Today is the day before mother’s day, I have been really sick this week with Lithium toxicity, went to the doc again today after stopping the lithium 3 days ago, my symptoms are still getting worse, I am trembling constantly, I have a thing called Nystagmus where my eyes jump around all over the place when I try and focus. The doc said the Lithium should have cleared my system by now and has ordered more bloods, she thinks I also have a sinus infection which is contributing to the feeling like hell so I’m on antibiotics too.
I was left feeling awful terrified that this could be permanent, my eyes are so bad that it is taking me forever just to type this and its quite painful. Suicide has been on my mind again lot lately and then something happened this afternoon that made me feel really guilty about it, less like I would be doing them a favour.

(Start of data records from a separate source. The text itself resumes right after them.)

-- ===== src/Tests/Arith.antt =====
-- Words, size classes, the secret and the checksum.
use lzmalloc.Base.{ℕ, ◌+◌, ◌%◌, ◌^◌, ◌≤◌, ◌<◌, ◌≡◌, ◌≢◌, ◌↔◌, inl, refl, arith, none, true}
use lzmalloc.Chunk.Integrity.{calc_checksum_detects}
use lzmalloc.Security.{Entropy, security_init, ptr_obfuscate}
use lzmalloc.Security.Laws.{security_init-ne-zero, ptr_obfuscate_twice, ptr_obfuscate_moved}
use lzmalloc.Sizes.{fls, size_to_class, class_to_size}
use lzmalloc.Sizes.Classes.{size_to_class_le_iff, size_to_class-class_to_size}
use lzmalloc.Sizes.Msb.{IsMsb, fls-IsMsb}
use lzmalloc.Tests.World.{header0}
use lzmalloc.Word.{is_power_of_two, align_up}
use lzmalloc.Word.Align.{align_up_least}
use lzmalloc.Word.PowerOfTwo.{is_power_of_two_iff}

size_to_class_le_iff_example : (size_to_class 1000 ≤ 19) ↔ (1000 ≤ class_to_size 19)
size_to_class_le_iff_example =
    size_to_class_le_iff 1000 19 (omega arith) (omega arith) (omega arith)

size_to_class-class_to_size_at : size_to_class (class_to_size 39) ≡ 39
size_to_class-class_to_size_at = size_to_class-class_to_size 39 (omega arith)

fls-IsMsb_at : (fls 1000 ≤ 63) × IsMsb 1000 (fls 1000)
fls-IsMsb_at = fls-IsMsb 1000 (omega arith) (omega arith)

align_up_least_at :
    (align_up 5000 (2 ^ 12) % 2 ^ 12 ≡ 0)
    × (5000 ≤ align_up 5000 (2 ^ 12))
    × (align_up 5000 (2 ^ 12) < 5000 + 2 ^ 12)
align_up_least_at = align_up_least 12 5000 (omega arith) (omega arith)

is_power_of_two_iff_at : (is_power_of_two 4096 ≡ true) ↔ ((k : ℕ) × (4096 ≡ 2 ^ k))
is_power_of_two_iff_at = is_power_of_two_iff 4096 (omega arith)

-- every source of randomness fails, and the time, the process id and the address mix to zero
abbrev no_entropy : Entropy
no_entropy = record {
  getrandom_count = none;
  getrandom_value = 0;
  urandom_fd = none;
  read_count = none;
  read_value = 0;
  time = 0;
  pid = 0;
  stack_addr = 0;
}

security_init-ne-zero_at :
    (security_init no_entropy 0 ≢ 0)
    × (security_init no_entropy (security_init no_entropy 0) ≡ security_init no_entropy 0)
security_init-ne-zero_at = security_init-ne-zero no_entropy no_entropy 0

ptr_obfuscate_twice_at :
    ptr_obfuscate 0xDEAD_BEEF_CAFE_BABE (ptr_obfuscate 0xDEAD_BEEF_CAFE_BABE 4096 8192) 8192 ≡ 4096
ptr_obfuscate_twice_at =
    ptr_obfuscate_twice 0xDEAD_BEEF_CAFE_BABE 4096 8192 (omega arith) (omega arith) (omega arith)

ptr_obfuscate_moved_at :
    ptr_obfuscate 0xDEAD_BEEF_CAFE_BABE (ptr_obfuscate 0xDEAD_BEEF_CAFE_BABE 4096 8192) 8208 ≢ 4096
ptr_obfuscate_moved_at =
    ptr_obfuscate_moved 0xDEAD_BEEF_CAFE_BABE 4096 8192 8208 (omega arith) (omega arith)
      (omega arith) (omega arith) (ground arith)

calc_checksum_detects_at :
    (header0.node_id ≡ header0.node_id) × (header0.owning_tlh ≡ header0.owning_tlh)
calc_checksum_detects_at =
    calc_checksum_detects header0 header0 (omega arith) (omega arith) (omega arith) (omega arith)
      (inl refl) refl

My 5yr old daughter (baby bel) came up to me handing me a little creation she made and said “This is for mother’s day tomorrow but I want to give it to you now. Then I can give it to you again tomorrow.”
This is the card:
“You are my sunshine, my only sunshine you make me happy when skies are grey, you never know how much I love you, so please don’t take my sunshine away.
Mum, you are my sunshine, I love you SOOOOOOOO much!”
Please don’t take my sunshine away. Fuck.
Sorry baby girl, I promise I will try my best I love you Sooooo much too! You may have just saved my life.